Es wird in der Regel nur kritisch über gentechnische Methoden in der Züchtung von Nutzpflanzen diskutiert. Aber nicht nur die verbreitete Nutzung von den „halb-gentechnischen“ Methoden bei der Erzeugung von CMS-Hybriden macht jetzt zu Recht aufmerksam auf weitere problematische Verfahren in der modernen Züchtung.

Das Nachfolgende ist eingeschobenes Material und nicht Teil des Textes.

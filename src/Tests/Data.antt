-- ===== src/Tests/Data.antt =====
-- The inputs that the tests share.
use nano_ldap.Prelude.{true, false, ◌&&◌, List, [], ◌∷◌, none, some, if◌then◌else◌}
use nano_ldap.Text.{Bytes, codes, beq}
use nano_ldap.Ber.Reader.{Packet, packet, nil, cons}
use nano_ldap.Entry.{User, Group}
use nano_ldap.Filter.{present_filter}
use nano_ldap.Message.{Message, SearchRequest}
use nano_ldap.Connection.{Backend}

abbrev pub base_dn : Bytes
base_dn = codes "dc=example,dc=com"

abbrev pub users_group : Group
users_group = record {
  id = 3;
  name = codes "users";
  description = [];
  member_uids = codes "user" ∷ [];
}

abbrev pub admins_group : Group
admins_group = record {
  id = 1;
  name = codes "admins";
  description = [];
  member_uids = codes "admin" ∷ [];
}

abbrev pub user_named : Bytes → List Group → User
user_named name groups = record {
  id = 1;
  username = name;
  password_hash = [];
  display_name = name;
  disabled = false;
  created_at = 0;
  updated_at = 0;
  groups = groups;
}

abbrev pub admin : User
admin = user_named (codes "admin") (admins_group ∷ [])

abbrev pub user : User
user = user_named (codes "user") (users_group ∷ [])

abbrev pub guest : User
guest = user_named (codes "guest") []

abbrev pub backend : List User → List Group → Backend
backend users groups = record {
  authenticate_user = λ name password.
      if beq name (codes "user") && beq password (codes "user") then some user else none;
  list_users = some users;
  list_groups = some groups;
  visit = λ attrs. attrs;
}

abbrev pub broken : Backend
broken = record {
  authenticate_user = λ name password. none;
  list_users = none;
  list_groups = none;
  visit = λ attrs. attrs;
}

abbrev pub octets : Bytes → Packet
octets s = packet 0 4 false s nil

abbrev pub bind_message : Bytes → Bytes → Message
bind_message dn password = record {
  id = 7;
  op = packet 1 0 true [] (
      cons (packet 0 2 false (3 ∷ []) nil)
        (cons (octets dn) (cons (packet 2 0 false password nil) nil)));
  raw = octets [];
}

abbrev pub find_message : Message
find_message = record { id = 8; op = packet 1 3 true [] nil; raw = octets [] }

abbrev pub everything : SearchRequest
everything = record {
  base_dn = base_dn;
  scope = 2;
  filter = present_filter (codes "objectClass");
  attributes = [];
}
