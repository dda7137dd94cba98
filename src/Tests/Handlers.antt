-- ===== src/Tests/Handlers.antt =====
-- The LDAP handlers.
use mathlib.Core.List.{Mem}
use nano_ldap.Prelude.{ℕ, List, ◌≡◌, refl, true, false, [], ◌∷◌}
use nano_ldap.Text.{Bytes, codes, beq, to_lower, lower}
use nano_ldap.Limiter.Window.{WindowLimiter, new_limiter, allow_bind}
use nano_ldap.Ber.Reader.{children, int}
use nano_ldap.Dn.{username_from_dn}
use nano_ldap.Message.{Message}
use nano_ldap.Entry.{is_member_of}
use nano_ldap.Visible.{admin_names}
use nano_ldap.Connection.{Backend, ConnState, new_conn}
use nano_ldap.Server.{handle_message, handle_bind, handle_search, search_bound}
use nano_ldap.Server.Accepts.{IsOpen, AsksAs}
use nano_ldap.Server.Bind.{Outcome, handle_bind-Outcome}
use nano_ldap.Server.Search.{handle_search_no_user, search_bound_others}
use nano_ldap.Server.Reach.{conn_after, SameIdentity, conn_after_identity}
use nano_ldap.Server.Reach.Sound.{Round, run, IsSound, run-IsSound}
use nano_ldap.Tests.Data.{
  base_dn, user, guest, admin, users_group, admins_group, backend, broken, bind_message,
  find_message, everything,
}

abbrev limiter : WindowLimiter
limiter = new_limiter 10 3

abbrev conn : ConnState
conn = new_conn (codes "10.0.0.1")

abbrev env : Backend
env = backend (user ∷ guest ∷ []) (users_group ∷ [])

abbrev larger : Backend
larger = backend (user ∷ guest ∷ admin ∷ []) (users_group ∷ admins_group ∷ [])

abbrev bound_conn : ConnState
bound_conn = record conn { user = user; bound = true; had_successful_bind = true }

-- A bind with the password of `user`, and one with another password.
abbrev good : Message
good = bind_message (codes "uid=user,dc=example,dc=com") (codes "user")

abbrev wrong : Message
wrong = bind_message (codes "uid=user,dc=example,dc=com") (codes "guest")

abbrev round : ℕ → Message → Round
round now msg = record { base = base_dn; env = env; limiter = limiter; now = now; msg = msg }

-- A search, a bind that is refused, one that is not, and one too many.
abbrev rounds : List Round
rounds = round 1 find_message ∷ round 2 wrong ∷ round 3 good ∷ round 4 (bind_message [] []) ∷ []

run-IsSound_example :
    IsSound (λ r. Mem r rounds) (codes "10.0.0.1") (run 50 (new_conn (codes "10.0.0.1")) rounds)
run-IsSound_example = run-IsSound 50 (codes "10.0.0.1") rounds

run_user : (run 50 (new_conn (codes "10.0.0.1")) rounds).user ≡ user
unfolding run handle_message nano_ldap.Server.dispatch nano_ldap.Server.operation handle_bind
    handle_search allow_bind nano_ldap.Assoc.get nano_ldap.Assoc.revise
    nano_ldap.Server.bind_request int nano_ldap.Server.simple_bind nano_ldap.Server.finish_bind
    username_from_dn nano_ldap.Text.strip_suffix nano_ldap.Text.join nano_ldap.Text.split to_lower
    nano_ldap.Text.trim_space nano_ldap.Text.trim_right nano_ldap.Text.trim_left
    nano_ldap.Text.is_space lower nano_ldap.Text.cut beq
run_user = refl

-- The good bind is to succeed.
good_IsOpen : IsOpen limiter conn 1
unfolding allow_bind nano_ldap.Assoc.get nano_ldap.Assoc.revise
good_IsOpen = (refl, refl)

good_AsksAs : AsksAs base_dn env (children good.op) user
unfolding int username_from_dn beq nano_ldap.Text.strip_suffix nano_ldap.Text.join
    nano_ldap.Text.split to_lower nano_ldap.Text.trim_space nano_ldap.Text.trim_right
    nano_ldap.Text.trim_left nano_ldap.Text.is_space lower nano_ldap.Text.cut
good_AsksAs = (
  (refl, refl, refl),
  record { given = refl; username = codes "user"; names = refl; confirmed = refl; enabled = refl },
)

handle_bind-Outcome_example :
    Outcome base_dn env limiter conn 1 good (handle_bind base_dn env limiter conn 1 good).1
    × ((handle_bind base_dn env limiter conn 1 good).0 ≡ (allow_bind limiter conn.source_ip 1).0)
handle_bind-Outcome_example = handle_bind-Outcome base_dn env limiter conn 1 good

handle_search_no_user_example :
    handle_search base_dn env 50 conn 1 find_message
    ≡ handle_search base_dn broken 50 conn 1 find_message
handle_search_no_user_example =
    handle_search_no_user base_dn env broken 50 conn 1 find_message refl refl

user_is_other : is_member_of user admin_names ≡ false
unfolding is_member_of nano_ldap.Text.equal_fold beq to_lower lower
user_is_other = refl

search_bound_others_example :
    search_bound base_dn env user 8 everything ≡ search_bound base_dn larger user 8 everything
search_bound_others_example =
    search_bound_others base_dn env larger user 8 everything (user ∷ guest ∷ [])
      (user ∷ guest ∷ admin ∷ []) (users_group ∷ []) (users_group ∷ admins_group ∷ []) user_is_other
      refl refl refl refl refl (unfold beq in refl) (unfold beq in refl)

conn_after_identity_example :
    SameIdentity bound_conn (conn_after base_dn env 50 limiter bound_conn 2 (bind_message [] []))
conn_after_identity_example =
    conn_after_identity base_dn env 50 limiter bound_conn 2 (bind_message [] []) refl
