-- ===== src/Tests/Limits.antt =====
-- The rate limits.
use nano_ldap.Prelude.{ℕ, ◌+◌, ◌≤◌, ◌≡◌, refl, true, false, List, [], ◌∷◌, arith, ◌⊎◌, length}
use nano_ldap.Text.{codes, beq}
use nano_ldap.Assoc.{get, put, revise}
use nano_ldap.Limiter.Counter.{fresh_counter, run_searches, run_searches_window}
use nano_ldap.Limiter.Window.{new_limiter, allow_bind}
use nano_ldap.Limiter.Window.History.{Grants}
use nano_ldap.Limiter.Window.Refinement.{
  Bounded, run_binds, run_spec, grants_of, last_time, run_binds-run_spec, grants_of_bound,
}

abbrev tries : Grants
tries = (codes "a", 1) ∷ (codes "a", 2) ∷ (codes "b", 3) ∷ (codes "a", 4) ∷ (codes "a", 20) ∷ []

abbrev counted : List ℕ
counted = 5 ∷ 6 ∷ 7 ∷ []

tries_run : run_binds (new_limiter 10 2) tries ≡ true ∷ true ∷ true ∷ false ∷ true ∷ []
unfolding run_binds allow_bind get put revise beq
tries_run = refl

run_binds-run_spec_example : run_binds (new_limiter 10 2) tries ≡ run_spec 10 2 [] tries
run_binds-run_spec_example = run_binds-run_spec 10 2 tries (omega arith)

grants_of_bound_example : Bounded 10 2 (grants_of (new_limiter 10 2) [] tries) (last_time 0 tries)
grants_of_bound_example = grants_of_bound 10 2 tries (omega arith)

run_searches_window_example :
    ((run_searches fresh_counter 2 counted).0.window_start ≡ 0)
    × ((run_searches fresh_counter 2 counted).0.count
        ≡ 0 + (run_searches fresh_counter 2 counted).1)
    × ((run_searches fresh_counter 2 counted).0.count ≤ 2)
    × (((run_searches fresh_counter 2 counted).1 ≡ length counted)
        ⊎ ((run_searches fresh_counter 2 counted).0.count ≡ 2))
run_searches_window_example =
    run_searches_window fresh_counter 2 counted (omega arith) (omega arith)
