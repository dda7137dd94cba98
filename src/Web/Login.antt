-- ===== src/Web/Login.antt =====
-- What a login leaves.
use mathlib.Core.Path.{subst}
use nano_ldap.Prelude.{
  ℕ, ◌+◌, ◌≤◌, ◌≡◌, refl, Bool, true, false, arith, Option, none, some, Option-cases, Bool-cases,
  inl, inr, ◌∙◌, sym, ap, Result, ok, err,
}
use nano_ldap.Text.{Bytes, trim_space}
use nano_ldap.Assoc.{get}
use nano_ldap.Entry.{User, is_member_of}
use nano_ldap.Session
use nano_ldap.Session.{Session, Store, create}
use nano_ldap.Session.Invariant.{IsValid, step-IsValid, created}
use nano_ldap.Session.Lookup.{create-ok}
use nano_ldap.Web.{admins, admitted, finish_login, login_as, handle_login, with_admin_auth}
use nano_ldap.Web.Access.{with_admin_auth-Admission}

-- The login is that of an enabled administrator whom the store confirmed, and `Create` made the session
-- that the cookie names.
pub record LoggedIn (authenticate : Bytes → Bytes → Option User) (st : Store)
    (form : Option (Bytes × Bytes)) (first : ℕ) (token : Option Bytes) (now : ℕ) (c : Bytes)
    (after : Store) : Type 0 where
  pub username : Bytes
  pub password : Bytes
  pub user : User
  pub session : Session
  pub submitted : form ≡ some (username, password)
  pub confirmed : authenticate (trim_space username) password ≡ some user
  pub enabled : user.disabled ≡ false
  pub admin : is_member_of user admins ≡ true
  pub made : create st user.username first token now ≡ (after, ok session)
  pub same_id : session.id ≡ c

finish_login-cookie :
    (r : Store × Result Session.SessionError Session) (c : Bytes)
    → (finish_login r).cookie ≡ some c
    → (s : Session) × (r ≡ ((finish_login r).sessions, ok s)) × (s.id ≡ c)
unfolding finish_login
finish_login-cookie (st, err Session.session_limit) c e = absurd (ground arith)
finish_login-cookie (st, err Session.random_failed) c e = absurd (ground arith)
finish_login-cookie (st, ok s) c e = (s, refl, ground arith)

login_as-admin :
    (st : Store) (user : User) (first : ℕ) (token : Option Bytes) (now : ℕ)
    → user.disabled ≡ false
    → is_member_of user admins ≡ true
    → login_as st (some user) first token now
      ≡ finish_login (create st user.username first token now)
unfolding login_as
login_as-admin st user first token now on admin = simp (on, admin)

-- A login sets a cookie only for an enabled member of `admins` whose password the store confirmed
-- under the trimmed name, and the cookie is the id of the session that `Create` made for him.
pub handle_login-LoggedIn :
    (authenticate : Bytes → Bytes → Option User) (st : Store) (form : Option (Bytes × Bytes))
    (first : ℕ) (token : Option Bytes) (now : ℕ) (c : Bytes)
    → (handle_login authenticate st form first token now).cookie ≡ some c
    → LoggedIn authenticate st form first token now c
        (handle_login authenticate st form first token now).sessions
unfolding handle_login
handle_login-LoggedIn authenticate st none first token now c e = absurd (ground arith)
handle_login-LoggedIn authenticate st (some (u, p)) first token now c e =
    elim (Option-cases (authenticate (trim_space u) p)) [
      | inl q ↦ absurd (ground arith)
      | inr (user, q) ↦ elim (Bool-cases user.disabled) [
        | inl off ↦ absurd (ground arith)
        | inr on ↦ elim (Bool-cases (is_member_of user admins)) [
          | inl admin ↦
              let done : login_as st (authenticate (trim_space u) p) first token now
                  ≡ finish_login (create st user.username first token now) =
                ap (λ o. login_as st o first token now) q
                ∙ login_as-admin st user first token now on admin in
              let (s, made, ids) =
                finish_login-cookie (create st user.username first token now) c
                  (sym (ap (λ r. r.cookie) done) ∙ e) in
              record {
                username = u;
                password = p;
                user = user;
                session = s;
                submitted = refl;
                confirmed = q;
                enabled = on;
                admin = admin;
                made = made ∙ ap (λ r. (r.sessions, ok s)) (sym done);
                same_id = ids;
              }
          | inr other ↦ absurd (ground arith)
        ]
      ]
    ]

session_admitted :
    (st after : Store) (u : Bytes) (first : ℕ) (token : Option Bytes) (now : ℕ) (s : Session)
    (users : Bytes → Option User) (account : User) (is_get : Bool) (later last : ℕ)
    → IsValid st
    → create st u first token now ≡ (after, ok s)
    → users u ≡ some account
    → account.disabled ≡ false
    → is_member_of account admins ≡ true
    → later ≤ now + st.timeout
    → (with_admin_auth users after is_get (some s.id) later last).1 ≡ admitted account s.id
session_admitted st after u first token now s users account is_get later last v made known on admin
      within =
    let (name, expiry, found, _) = create-ok st u first now token s (ap (λ r. r.1) made) in
    let left : (create st u first token now).0 ≡ after = ap (λ r. r.0) made in
    let v' : IsValid after = subst IsValid left (step-IsValid st (created u first token now) v) in
    (with_admin_auth-Admission users after is_get (some s.id) later last account s.id v').1
      (record {
        session = s;
        presented = refl;
        stored = ap (λ a. get s.id a.sessions) (sym left) ∙ found;
        unexpired = omega arith;
        owner = record {
          account = ap users name ∙ known;
          enabled = on;
          admin = admin;
          same_id = refl;
        };
      })

-- After a login in a valid session store that set a cookie for a confirmed user, a request with the
-- cookie is let in as the account of the user's name, as long as the session has not expired and
-- the account is an enabled member of `admins`.
pub with_admin_auth-handle_login :
    (authenticate : Bytes → Bytes → Option User) (users : Bytes → Option User) (st : Store)
    (username password : Bytes) (first : ℕ) (token : Option Bytes) (now : ℕ) (c : Bytes)
    (user account : User) (is_get : Bool) (later last : ℕ)
    → IsValid st
    → (handle_login authenticate st (some (username, password)) first token now).cookie ≡ some c
    → authenticate (trim_space username) password ≡ some user
    → users user.username ≡ some account
    → account.disabled ≡ false
    → is_member_of account admins ≡ true
    → later ≤ now + st.timeout
    → (with_admin_auth users
        (handle_login authenticate st (some (username, password)) first token now).sessions
        is_get
        (some c)
        later
        last).1
      ≡ admitted account c
with_admin_auth-handle_login authenticate users st username password first token now c user account
      is_get later last v e confirmed known on admin within =
    let l = handle_login-LoggedIn authenticate st (some (username, password)) first token now c e in
    let same : l.user ≡ user = ground (arith, l.submitted, l.confirmed) in
    subst
      (λ k.
        (with_admin_auth users
          (handle_login authenticate st (some (username, password)) first token now).sessions is_get
          (some k) later last).1
        ≡ admitted account k)
      l.same_id
      (session_admitted st _ l.user.username first token now l.session users account is_get later
        last v l.made (ap (λ x. users x.username) same ∙ known) on admin within)
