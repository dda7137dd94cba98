-- ===== src/Web/Revoke.antt =====
-- What a change of an account does to the sessions of the web interface.
use nano_ldap.Prelude.{
  ℕ, ◌≡◌, ◌≢◌, refl, Bool, List, [], ◌∷◌, arith, Option, some, In, inl, inr, ◌∙◌, sym,
}
use nano_ldap.Text.{Bytes}
use nano_ldap.Text.Case.{beq_iff}
use nano_ldap.Assoc.{get, Distinct}
use nano_ldap.Entry.{User, Group}
use nano_ldap.Session.{Session, Store, unless_of_user, revoke_user}
use nano_ldap.Session.Invariant.{
  IsValid, step-IsValid, revoked, get-revise-some, unless_of_user-Deletes,
}
use nano_ldap.Accounts.{UserInput, GroupInput}
use nano_ldap.Web.{
  Database, WebState, admitted, with_admin_auth, revoke_all, handle_update_user,
  handle_update_group,
}
use nano_ldap.Web.Access.{with_admin_auth-Admission}

-- No stored session is of this user.
abbrev pub IsRevoked : Bytes → Store → Type 0
IsRevoked u st = (id : Bytes) (s : Session) → get id st.sessions ≡ some s → s.username ≢ u

get-revoke_user :
    (st : Store) (v id : Bytes) (s : Session)
    → Distinct st.sessions
    → get id (revoke_user st v).sessions ≡ some s
    → (get id st.sessions ≡ some s) × (s.username ≢ v)
unfolding revoke_user
get-revoke_user st v id s d e =
    let (found, passed) =
      get-revise-some (unless_of_user v) st.sessions id s d (unless_of_user-Deletes v) e in
    (found, λ same. ground (arith, beq_iff s.username v))

revoke_all-IsValid : (st : Store) (us : List Bytes) → IsValid st → IsValid (revoke_all st us)
unfolding revoke_all
revoke_all-IsValid st [] v = v
revoke_all-IsValid st (u ∷ us) v =
    revoke_all-IsValid (revoke_user st u) us (step-IsValid st (revoked u) v)

stays-IsRevoked :
    (st : Store) (us : List Bytes) (u : Bytes)
    → IsValid st
    → IsRevoked u st
    → IsRevoked u (revoke_all st us)
unfolding revoke_all
stays-IsRevoked st [] u v h = h
stays-IsRevoked st (w ∷ us) u v h =
    stays-IsRevoked (revoke_user st w) us u (step-IsValid st (revoked w) v)
      (λ id s e. h id s (get-revoke_user st w id s v.distinct e).0)

revoke_all-IsRevoked :
    (st : Store) (us : List Bytes) (u : Bytes)
    → IsValid st
    → In u us
    → IsRevoked u (revoke_all st us)
unfolding revoke_all
revoke_all-IsRevoked st [] u v m = absurd m
revoke_all-IsRevoked st (w ∷ us) u v (inl e) =
    stays-IsRevoked (revoke_user st w) us u (step-IsValid st (revoked w) v)
      (λ id s q same. (get-revoke_user st w id s v.distinct q).1 (same ∙ e))
revoke_all-IsRevoked st (w ∷ us) u v (inr m) =
    revoke_all-IsRevoked (revoke_user st w) us u (step-IsValid st (revoked w) v) m

admitted_other :
    (users : Bytes → Option User) (st : Store) (is_get : Bool) (cookie : Option Bytes)
    (first now : ℕ) (user : User) (id u : Bytes)
    → ((name : Bytes) (found : User) → users name ≡ some found → found.username ≡ name)
    → IsValid st
    → IsRevoked u st
    → (with_admin_auth users st is_get cookie first now).1 ≡ admitted user id
    → user.username ≢ u
admitted_other users st is_get cookie first now user id u names v h e same =
    let a = (with_admin_auth-Admission users st is_get cookie first now user id v).0 e in
    h id a.session a.stored (sym (names a.session.username user a.owner.account) ∙ same)

module _ {D : Type 0} (api : Database D) (st : WebState D) (id : ℕ) (db : D) where
  -- In a valid session store, where the lookup by name returns users of that name: when
  -- `handleUpdateUser` has changed a user, a request that is let in, whatever its cookie, is not
  -- let in as that user.
  pub handle_update_user-revoked :
      (input : UserInput) (updated : User) (users : Bytes → Option User) (is_get : Bool)
      (cookie : Option Bytes) (first now : ℕ) (user : User) (k : Bytes)
      → IsValid st.sessions
      → api.update_user st.db id input ≡ (db, some updated)
      → ((name : Bytes) (found : User) → users name ≡ some found → found.username ≡ name)
      → (with_admin_auth users
          (handle_update_user api st (some id) (some input)).0.sessions
          is_get
          cookie
          first
          now).1
        ≡ admitted user k
      → user.username ≢ updated.username
  unfolding handle_update_user revoke_all
  handle_update_user-revoked input updated users is_get cookie first now user k v done names e =
      admitted_other users (revoke_user st.sessions updated.username) is_get cookie first now user k
        updated.username names (step-IsValid st.sessions (revoked updated.username) v)
        (revoke_all-IsRevoked st.sessions (updated.username ∷ []) updated.username v (inl refl))
        (rw done at e)

  -- In a valid session store, where the lookup by name returns users of that name: when
  -- `handleUpdateGroup` has changed a group, a request that is let in, whatever its cookie, is not
  -- let in as a member that the store returned with the group.
  pub handle_update_group-revoked :
      (input : GroupInput) (updated : Group) (member : Bytes) (users : Bytes → Option User)
      (is_get : Bool) (cookie : Option Bytes) (first now : ℕ) (user : User) (k : Bytes)
      → IsValid st.sessions
      → api.update_group st.db id input ≡ (db, some updated)
      → In member updated.member_uids
      → ((name : Bytes) (found : User) → users name ≡ some found → found.username ≡ name)
      → (with_admin_auth users
          (handle_update_group api st (some id) (some input)).0.sessions
          is_get
          cookie
          first
          now).1
        ≡ admitted user k
      → user.username ≢ member
  unfolding handle_update_group
  handle_update_group-revoked input updated member users is_get cookie first now user k v done m
        names e =
      admitted_other users (revoke_all st.sessions updated.member_uids) is_get cookie first now user
        k member names (revoke_all-IsValid st.sessions updated.member_uids v)
        (revoke_all-IsRevoked st.sessions updated.member_uids member v m) (rw done at e)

In der Öffentlichkeit kaum bekannt sind vor allem Verfahren der „herkömmlichen“, jedoch weit verbreiteten Mutationszüchtung. Dabei werden Pflanzensamen entweder intensiver Strahlung ausgesetzt (zum Beispiel Röntgen- oder Neutronenstrahlen), man arbeitet mit Kälte- oder Wärmeschocks oder setzt sie chemischen Substanzen aus, die verstärkt Mutationen (Veränderungen im Erbgut) auslösen. Nur sehr selten entstehen bei dieser aggressiven „Behandlung“ des Erbguts Mutationen, die einen positiven Effekt aufweisen (die meisten Eingriffe sind schädlich oder tödlich für die Pflanzenzellen). Bei der Mutationszüchtung wird die Erbinformation viel weniger zielgenau und unkontrollierbarer verändert als mit der Gentechnik.

JOACHIM KRAUSE, Schönberg

Unbarmherzige Heuchler

■ betr.: „Die EU ist voll verantwortlich“, taz vom 4. 10. 13

Wenn die vielbeschworene humanistische und christlich-jüdische Tradition und deren Werte etwas wert sind und nicht nur reine Symbolik, muss die EU das Problem der Flüchtlingsströme aus Afrika und Asien lösen, und zwar nicht mit Abschottung, sondern mit fairer Wirtschaftspolitik. Gerade die Politiker in der EU, die kritisch einer größeren Aufnahmebereitschaft von Flüchtlingen gegenüberstehen und so tun, als wären Wirtschaftsflüchtlinge Menschen mit niederen Auswanderungsmotiven, sollten die größten Befürworter von fairem Handel und fairen Löhnen, Schuldenerlass, angemessenen Rohstoffpreisen und gegen Schutzzölle und Rüstungsexporte sein. Wer aber nicht verstehen will, dass der Erfolg des Einen immer das Scheitern des Anderen in unserem heutigen Wirtschaftssystem zur Folge hat, oben Genannte dennoch Werte preisen, aber faktisch nichts machen, sind sie wohl doch nicht mehr als unbarmherzige Heuchler.